Waar vandaan: Huisdieren > Vogels > Kooi en volière vogels > Soorten > Ceresamadine

Ceresamadine

VOORKOMEN
Het thuisland van ceresamadine is Australië waar hij voor komt van Townsville in Queensland tot het middengedeelte van New South Wales. Hij houdt zich graag op in grasrijke gebieden met laag struikgewas, waarbij water niet mag ontbreken. De ceresamadine wordt echter ook regelmatig gezien op akkers, fruitplantages en in rietbegroeingen aan de oevers van rivieren.

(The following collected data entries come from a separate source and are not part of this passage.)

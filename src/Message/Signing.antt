-- ===== src/Message/Signing.antt =====
-- What a signature made by `sign` of crates/core/src/message.rs guarantees.
use n3ur0n.Prelude.{ok, ◌≡◌, Option, some, arith, eq_iff}
use n3ur0n.Identity.{
  Bytes, Crypto, IsCrypto, Keypair, from_public_key, public_key, instance_id, sign_with,
  verify_with,
}
use n3ur0n.Message.{
  Envelope, SignedMessage, encode_signature, decode_signature, canonical_bytes, sign,
  verify_signature,
}

module _ (c : Crypto) (canonical : Envelope → Option Bytes) where
  -- `sign` succeeds exactly for the key pair of the sender, on an envelope with canonical bytes;
  -- it keeps the envelope and attaches the key of the pair.
  pub sign-ok :
      (e : Envelope) (k : Keypair) (m : SignedMessage)
      → sign c canonical e k ≡ ok m
      → (e.sender_id ≡ instance_id c k)
        × (m.envelope ≡ e)
        × (m.sender_public_key ≡ public_key c k)
        × ((bytes : Bytes) × (canonical e ≡ some bytes)
            × (m.signature ≡ encode_signature c (sign_with c k bytes)))
  unfolding sign canonical_bytes
  sign-ok e k m h = ground (arith, eq_iff e.sender_id (instance_id c k))

  -- What a key pair signs in its own name passes the check of the receiver.
  pub verify_signature-sign :
      (laws : IsCrypto c) (e : Envelope) (k : Keypair) (m : SignedMessage)
      → sign c canonical e k ≡ ok m
      → verify_signature c canonical m ≡ ok tt
  unfolding verify_signature canonical_bytes decode_signature encode_signature instance_id
      public_key sign_with verify_with
  verify_signature-sign laws e k m h =
      let (owner, same, key, (bytes, covered, signed)) = sign-ok e k m h in
      let signature : Bytes = c.sign_bytes k.seed bytes in
      ground (
        arith,
        eq_iff (from_public_key c m.sender_public_key) m.envelope.sender_id,
        owner,
        same,
        key,
        covered,
        signed,
        laws.hex_inverse signature,
        laws.signature_size k.seed bytes,
        laws.verifies k.seed bytes,
      )
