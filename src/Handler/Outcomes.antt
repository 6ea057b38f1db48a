-- ===== src/Handler/Outcomes.antt =====
-- What a request leads to in crates/node/src/handler.rs: the reply, the directory and the journal.
use mathlib.Core.Path.{subst}
use n3ur0n.Prelude.{ok, err, ℕ, ◌≤◌, ◌≡◌, inl, inr, arith, eq_iff}
use n3ur0n.Clock.{distance, whole_seconds, from_secs}
use n3ur0n.Handler.{
  Faults, Readings, Served, dispatch, record_audit, announce, reply_to, conclude, serve_fresh,
  handle_request,
}
use n3ur0n.Handler.Admission.{pruned_node}
use n3ur0n.Handler.Stages.{SameBut-audit, SameBut-announce, handle-admitted, handle-cases}
use n3ur0n.Identity.{IsCrypto}
use n3ur0n.Json.{Value}
use n3ur0n.Message.{Envelope, SignedMessage, VerifyConfig, sign, verify_envelope}
use n3ur0n.Message.Signing.{sign-ok, verify_signature-sign}
use n3ur0n.Node.{Node, Outside, node_id}
use n3ur0n.NodeErrors.{NodeResult}

-- The parts of a reply that `reply_to` made.
reply-parts :
    (o : Outside) (r : Readings) (node : Node) (e : Envelope) (payload : Value)
    (reply : SignedMessage)
    → reply_to o r node e payload ≡ ok reply
    → sign o.crypto o.canonical
        (record {
          sender_id = node_id o node;
          recipient_id = e.sender_id;
          timestamp = r.now;
          nonce = r.reply_nonce;
          verb = e.verb;
          payload = payload;
          sender_endpoint = node.config.endpoint;
        })
        node.keypair
      ≡ ok reply
unfolding reply_to
reply-parts o r node e payload reply h = ground arith

conclude-answered :
    (o : Outside) (f : Faults) (r : Readings) (node : Node) (e : Envelope)
    (outcome : NodeResult Value) (reply : SignedMessage)
    → (conclude o f r node e outcome).answer ≡ ok reply
    → (after : Node) × (payload : Value) × (after.keypair ≡ node.keypair)
      × (reply_to o r after e payload ≡ ok reply)
unfolding conclude
conclude-answered o f r node e (err problem) reply h = absurd (ground arith)
conclude-answered o f r node e (ok payload) reply h =
    let journaled = record_audit f r node e (ok payload) in
    (
      (announce o f r journaled e).0,
      payload,
      (SameBut-announce o f r journaled node e (SameBut-audit f r node e (ok payload))).keypair,
      h,
    )

-- Whatever is answered was signed by `reply_to`, for some payload and a node with the same key.
pub answered :
    (o : Outside) (f : Faults) (r : Readings) (node : Node) (m reply : SignedMessage)
    → (handle_request o f r node m).answer ≡ ok reply
    → (after : Node) × (payload : Value) × (after.keypair ≡ node.keypair)
      × (reply_to o r after m.envelope payload ≡ ok reply)
unfolding serve_fresh
answered o f r node m reply h = elim (handle-cases o f r node m) [
  | inr (problem, turned_away) ↦ absurd (ground (arith, turned_away))
  | inl a ↦
      let pruned = pruned_node f r node m.envelope in
      conclude-answered o f r pruned m.envelope
        (dispatch o f pruned r.now m.envelope.verb m.envelope.payload) reply
        (subst (λ (x : Served). x.answer ≡ ok reply) (handle-admitted o f r node m a) h)
]

-- A node answers in its own name, to the sender and with the verb of the request; and the sender
-- accepts the answer, as long as its clock is within its own skew of the node's.
pub answer-accepted :
    (o : Outside) (laws : IsCrypto o.crypto) (f : Faults) (r : Readings) (node : Node)
    (m reply : SignedMessage) (heard_at : ℕ) (config : VerifyConfig)
    → (handle_request o f r node m).answer ≡ ok reply
    → from_secs (whole_seconds (distance heard_at r.now)) ≤ config.clock_skew
    → (reply.envelope.sender_id ≡ node_id o node)
      × (reply.envelope.recipient_id ≡ m.envelope.sender_id)
      × (reply.envelope.verb ≡ m.envelope.verb)
      × (verify_envelope o.crypto o.canonical reply m.envelope.sender_id heard_at config
          ≡ ok (record { message = reply }))
unfolding verify_envelope
answer-accepted o laws f r node m reply heard_at config h near =
    let (after, payload, key, signed) = answered o f r node m reply h in
    let parts = reply-parts o r after m.envelope payload reply signed in
    let (owner, same, public, rest) = sign-ok o.crypto o.canonical _ after.keypair reply parts in
    let checked = verify_signature-sign o.crypto o.canonical laws _ after.keypair reply parts in
    (
      ground (arith, same, key),
      ground (arith, same),
      ground (arith, same),
      ground (
        arith,
        same,
        checked,
        near,
        eq_iff m.envelope.sender_id m.envelope.sender_id,
        eq_iff reply.envelope.recipient_id m.envelope.sender_id,
      ),
    )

UITERLIJK EN GESLACHTSONDERSCHEID
Zowel het mannetje als het popje zijn overwegend bruin tot donkerbruin gekleurd, terwijl de onderzijde en de onderstaartdekveren vuilwit zijn. De borst en flanken zijn creme kleurig met daarop de voor dit vogeltje zo kenmerkende bruine golftekening die doorloopt tot op de stuitbevedering. De bovenstaartdekveren zijn, evenals de vleugeldekveren voorzien van een witte vlek. De wangbevedering bestaat uit zeer dicht tegen elkaar liggende streepjes. De snavel is zwart en de pootjes zijn vleeskleurig.
Integenstelling tot de pop heeft de man een purperrood voorhoofd en een zwarte keelvlek. Beide geslachten zijn hierdoor goed van elkaar te onderscheiden. Een ander geslachtsonderscheid is dat het mannetje een zacht en kort melodieus liedje ten gehore kan brengen. Iets waartoe het popje niet in staat is.

GESCHIEDENIS
Over de geschiedenis van de ceresamadine is weinig te vinden in de literatuur. Bekend is dat ze zo rond 1872 in Europa werden geimporteerd. Waarschijnlijk werden ze niet in hele grote hoeveelheden ingevoerd. Momenteel vinden we alleen nog maar hier gekweekte vogels in de handel omdat sinds 1960 een uitvoersverbod geldt in Australië.

DE VOEDING
In het land van herkomst voedt de ceresamadine zich vooral met allerlei gras- en onkruidzaden.
Bij mij krijgen de vogels een goed tropenmengsel die ik meng met onkruidzaad in een verhouding van 1 op 1. Verder krijgen ze elke dag kiemzaad waaraan ik eivoer toevoeg, enkele buffalo wormpjes en fruit. Twee keer per week voeg ik aan “het eivoer-kiemzaad mengsel” nog vogelmineralen en scherpe maagkiezel toe.
Zo gauw er in de natuur (halfrijp) graszaad beschikbaar is zullen ze dit van mij krijgen. Ik hang dit (al jaren) in grote bossen in de voliére voor mijn kromsnavels. Het is altijd weer een prachtig gezicht zoals de vogels zich hierop storten en er uren mee zoet zijn.
Het verdient verder aanbeveling de vogels elke dag schoon water te geven. Uit onderzoek is gebleken dat de ceresamadine veelvuldig kleine hoeveelheden water drinkt. Het is dus belangrijk dat ze steeds over schoon drinkwater kunnen beschikken. Trouwens ook baden is een favoriete bezigheid van dit vogeltje zo is mij gebleken. Van het badwater in het badje wat ik aan de broedkooi heb hangen wordt dagelijks door de vogels gebruik gemaakt. Natuurlijk dient dit water minimaal dagelijks ververst te worden!

DE KWEEK
Bij een goede verzorging mogen goede kweekresultaten verwacht worden. Ceresamadines bouwen hun nestjes in hier en daar opgehangen nestkastjes in volière of broedkooi maar ook wel in struiken in de volière. Als nestmateriaal gebruiken ze droog gras, mos, uitgeplozen sisaltouw en kokosvezel. Ze maken vaak een klein nest. Het popje legt doorgaans 4-6 eitjes die na ca. 12 dagen uitkomen. De opfok van de jongen zal het succesvolst zijn als de oudervogels kunnen beschikken over levend voer zoals insecten, miereneieren, meelwormen e.d. Echter niet te veel!! Verder is in de opfokfase groenvoer, universeelvoer en eivoer belangrijk. De jongen verlaten na ca. 19 dagen het nest en zijn na 4 weken zelfstandig.